Perivascular Niche Cells Sense Thrombocytopenia and Activate Hematopoietic Stem Cells in an IL-1 Dependent Manner

Overview

Journal Nat Commun

Specialty Biology

Date 2023 Sep 28

PMID 37770432

Authors

Tiago C Luis

Nikolaos Barkas

Joana Carrelha

Alice Giustacchini

Stefania Mazzi

Ruggiero Norfo

Bishan Wu

Affaf Aliouat

Jose A Guerrero

Alba Rodriguez-Meira

Tiphaine Bouriez-Jones

Iain C Macaulay

Maria Jasztal

Guangheng Zhu

Heyu Ni

Matthew J Robson

Randy D Blakely

Adam J Mead

Claus Nerlov

Cedric Ghevaert

Sten Eirik W Jacobsen

Affiliations

Soon will be listed here.

Abstract

Hematopoietic stem cells (HSCs) residing in specialized niches in the bone marrow are responsible for the balanced output of multiple short-lived blood cell lineages in steady-state and in response to different challenges. However, feedback mechanisms by which HSCs, through their niches, sense acute losses of specific blood cell lineages remain to be established.
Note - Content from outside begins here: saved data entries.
-- ===== src/Examples/Documents.antt =====
-- The loader's checks and the server's tables on a small document, and two counted requests.
use hse_graduate_qualificati.Base.{
  if◌then◌else◌, ◌==◌, map, ◌++◌, ℕ, ◌+◌, String, ◌≡◌, refl, ◌↔◌, true, All, none, some, List, [],
  ◌∷◌, contains,
}
use hse_graduate_qualificati.Base.Dict.{Dict, lookup, has_key}
use hse_graduate_qualificati.Base.Exec.{ok, raise, value_error}
use hse_graduate_qualificati.Cache.Backend.{zero_counters}
use hse_graduate_qualificati.Cache.Memory.{MemoryBackend, init}
use hse_graduate_qualificati.Cache.Memory.Accepted.{check_profile_max_entries-init}
use hse_graduate_qualificati.Dsl.Loader.Checks.{
  check_operation_refs, check_invalidate_strategy, check_profile_refs, check_rule_profiles,
  check_profile_max_entries,
}
use hse_graduate_qualificati.Dsl.Loader.Accepted.{SpecIsConsistent, check_invalidate_strategy_lem}
use hse_graduate_qualificati.Dsl.Loader.Operations.{
  IsDistinct, all_operations, check_operation_refs_lem,
}
use hse_graduate_qualificati.Dsl.Schema.{Document, CacheRule, MutationSpec, many, update, tag}
use hse_graduate_qualificati.Examples.Memory.{profiles}
use hse_graduate_qualificati.Examples.Ttl.{caches}
use hse_graduate_qualificati.Graphql.Server.{CacheContext, cache_contexts}
use hse_graduate_qualificati.Graphql.Server.Contexts.{IsContextOf, cache_contexts-IsContextOf}
use hse_graduate_qualificati.Graphql.Server.Requests.{
  Request, serve, serve-count_of, count_of, requests_of, how_many, is_violation, is_other_error,
}
use hse_graduate_qualificati.Loadtest.Shape.{tick, seconds, replicate, tick-seconds}
use hse_graduate_qualificati.Base.Int.{pos, ◌-ℤ◌}
use hse_graduate_qualificati.Loadtest.Runner.{delta_int_dict, count_at, lookup-delta_int_dict}
use hse_graduate_qualificati.Stats.{RequestCounters}

abbrev users_rule : CacheRule
users_rule = record {
  operations = "users" ∷ [];
  profile = "hot";
  cache_key = none;
  tags = some ("t1" ∷ []);
}

abbrev document : Document
document = record {
  sidecar = record {
    listen = record { loopback = "127.0.0.1:8080" };
    boot = record { postgres_timeout = "30s" };
    cache = none;
  };
  data_sources = record { postgres = record { dsn = "postgres://db"; tables = [] } };
  queries =
      (
        "users",
        record { type_name = "User"; source = "postgres"; multiplicity = many; where_text = none },
      )
      ∷ [];
  mutations =
      (
        "rename",
        record {
          type_name = "User";
          source = "postgres";
          kind = update;
          set_values = none;
          where_text = none;
          invalidates = some (record { strategy = tag; rules = none; tags = some ("t1" ∷ []) });
        },
      )
      ∷ [];
  cache_profiles = profiles;
  cache_rules = ("r", users_rule) ∷ [];
}

check_operation_refs_lem_example : (check_operation_refs document ≡ ok tt) ↔ (
    All (λ op. has_key op document.queries ≡ true) (all_operations document.cache_rules)
    × IsDistinct (all_operations document.cache_rules))
check_operation_refs_lem_example = check_operation_refs_lem document

check_invalidate_strategy_lem_example :
    (check_invalidate_strategy document ≡ ok tt)
    ↔ All
        (λ (m : String × MutationSpec). SpecIsConsistent document.cache_rules m.1.invalidates)
        document.mutations
check_invalidate_strategy_lem_example = check_invalidate_strategy_lem document

check_profile_max_entries-init_example :
    (check_profile_max_entries document ≡ ok tt)
    ↔ ((b : MemoryBackend caches) × (init caches document.cache_profiles zero_counters ≡ ok b))
check_profile_max_entries-init_example =
    check_profile_max_entries-init caches document zero_counters

cache_contexts-IsContextOf_example :
    (ctxs : Dict (CacheContext ℕ)) × (ctx : CacheContext ℕ) × (cache_contexts profiles
        (("hot", 1) ∷ [])
        (("r", users_rule) ∷ [])
        []
      ≡ ok ctxs)
    × (lookup "users" ctxs ≡ some ctx)
    × IsContextOf profiles (("hot", 1) ∷ []) "r" users_rule ctx
unfolding check_profile_refs check_rule_profiles has_key lookup contains
cache_contexts-IsContextOf_example =
    cache_contexts-IsContextOf document (("hot", 1) ∷ []) "r" users_rule "users" (λ p known. known)
      refl (refl, tt) refl refl

abbrev requests : List (Request ℕ ℕ)
requests =
    record { op_name = "users"; resolver = λ args s. (ok s, s); args = [] }
    ∷ record { op_name = "users"; resolver = λ args s. (raise (value_error "bad"), s); args = [] }
    ∷ []

abbrev no_requests : RequestCounters
no_requests = record { request_count_by_op = []; errors = [] }

serve-count_of_example :
    (count_of "users" (serve requests (no_requests, 0)).1.0.request_count_by_op
      ≡ requests_of "users" (serve requests (no_requests, 0)).0 + count_of "users" [])
    × (count_of "framework.internal_error" (serve requests (no_requests, 0)).1.0.errors
        ≡ (if "multiplicity.violation" == "framework.internal_error"
            then how_many is_violation (serve requests (no_requests, 0)).0
            else 0)
          + (if "framework.internal_error" == "framework.internal_error"
              then how_many is_other_error (serve requests (no_requests, 0)).0
              else 0)
          + count_of "framework.internal_error" [])
serve-count_of_example = serve-count_of requests no_requests 0 "users" "framework.internal_error"

tick-seconds_example :
    map (tick 60) (seconds 0 (30 + 60 + 5))
    ≡ replicate 30 (some (50, 50)) ++ replicate 60 (some (200, 50)) ++ replicate 5 none
tick-seconds_example = tick-seconds 60 5

lookup-delta_int_dict_example :
    lookup "users" (delta_int_dict (("users", 7) ∷ []) (("users", 5) ∷ ("rename", 1) ∷ []))
    ≡ some (pos 2)
unfolding lookup has_key count_at ◌-ℤ◌
lookup-delta_int_dict_example =
    lookup-delta_int_dict (("users", 7) ∷ []) (("users", 5) ∷ ("rename", 1) ∷ []) "users"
While all HSCs replenish platelets, previous studies have shown that a large fraction of HSCs are molecularly primed for the megakaryocyte-platelet lineage and are rapidly recruited into proliferation upon platelet depletion. Platelets normally turnover in an activation-dependent manner, herein mimicked by antibodies inducing platelet activation and depletion. Antibody-mediated platelet activation upregulates expression of Interleukin-1 (IL-1) in platelets, and in bone marrow extracellular fluid in vivo. Genetic experiments demonstrate that rather than IL-1 directly activating HSCs, activation of bone marrow Lepr perivascular niche cells expressing IL-1 receptor is critical for the optimal activation of quiescent HSCs upon platelet activation and depletion. These findings identify a feedback mechanism by which activation-induced depletion of a mature blood cell lineage leads to a niche-dependent activation of HSCs to reinstate its homeostasis.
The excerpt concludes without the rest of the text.